Segment Start: Input data

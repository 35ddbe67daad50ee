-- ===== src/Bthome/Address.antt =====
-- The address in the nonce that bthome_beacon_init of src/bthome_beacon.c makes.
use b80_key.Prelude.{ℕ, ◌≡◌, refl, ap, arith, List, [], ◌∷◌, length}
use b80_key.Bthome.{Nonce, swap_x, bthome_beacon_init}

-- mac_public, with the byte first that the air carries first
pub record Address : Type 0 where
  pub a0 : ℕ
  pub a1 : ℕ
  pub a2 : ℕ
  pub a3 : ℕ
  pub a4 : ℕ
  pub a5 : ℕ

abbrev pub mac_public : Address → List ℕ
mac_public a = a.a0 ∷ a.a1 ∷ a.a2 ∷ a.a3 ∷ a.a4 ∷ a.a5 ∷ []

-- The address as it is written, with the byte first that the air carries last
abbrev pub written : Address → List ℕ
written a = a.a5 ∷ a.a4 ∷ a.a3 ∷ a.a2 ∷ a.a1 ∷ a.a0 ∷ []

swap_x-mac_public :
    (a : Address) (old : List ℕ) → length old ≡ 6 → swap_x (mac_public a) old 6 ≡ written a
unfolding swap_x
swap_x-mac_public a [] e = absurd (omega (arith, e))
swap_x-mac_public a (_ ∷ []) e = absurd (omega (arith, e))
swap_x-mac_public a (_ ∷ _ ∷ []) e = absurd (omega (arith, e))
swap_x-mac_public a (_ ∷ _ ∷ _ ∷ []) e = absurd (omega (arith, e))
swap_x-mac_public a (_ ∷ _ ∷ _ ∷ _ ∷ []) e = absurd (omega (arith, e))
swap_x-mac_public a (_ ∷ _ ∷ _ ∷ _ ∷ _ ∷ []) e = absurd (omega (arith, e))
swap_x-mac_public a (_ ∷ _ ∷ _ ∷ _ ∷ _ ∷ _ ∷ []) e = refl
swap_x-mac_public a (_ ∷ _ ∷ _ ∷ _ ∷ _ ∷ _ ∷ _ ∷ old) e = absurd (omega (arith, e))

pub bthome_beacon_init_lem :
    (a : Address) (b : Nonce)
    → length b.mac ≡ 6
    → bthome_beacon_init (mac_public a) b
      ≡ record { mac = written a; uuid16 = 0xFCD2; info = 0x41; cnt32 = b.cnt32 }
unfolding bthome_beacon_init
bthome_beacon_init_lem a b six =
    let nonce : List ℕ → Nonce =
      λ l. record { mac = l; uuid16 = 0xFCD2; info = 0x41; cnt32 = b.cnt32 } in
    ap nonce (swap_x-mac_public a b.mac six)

Segment End: Input data

◆ **Instructions for the task**
All that is wanted is the stretch of lines above from the one containing "unfolding swap_x" through the one containing "swap_x-mac_public a (_ ∷ _ ∷ _ ∷ [])", duplicated exactly.

◆ **Exercise solution**
unfolding swap_x
swap_x-mac_public a [] e = absurd (omega (arith, e))
swap_x-mac_public a (_ ∷ []) e = absurd (omega (arith, e))
swap_x-mac_public a (_ ∷ _ ∷ []) e = absurd (omega (arith, e))
swap_x-mac_public a (_ ∷ _ ∷ _ ∷ []) e = absurd (omega (arith, e))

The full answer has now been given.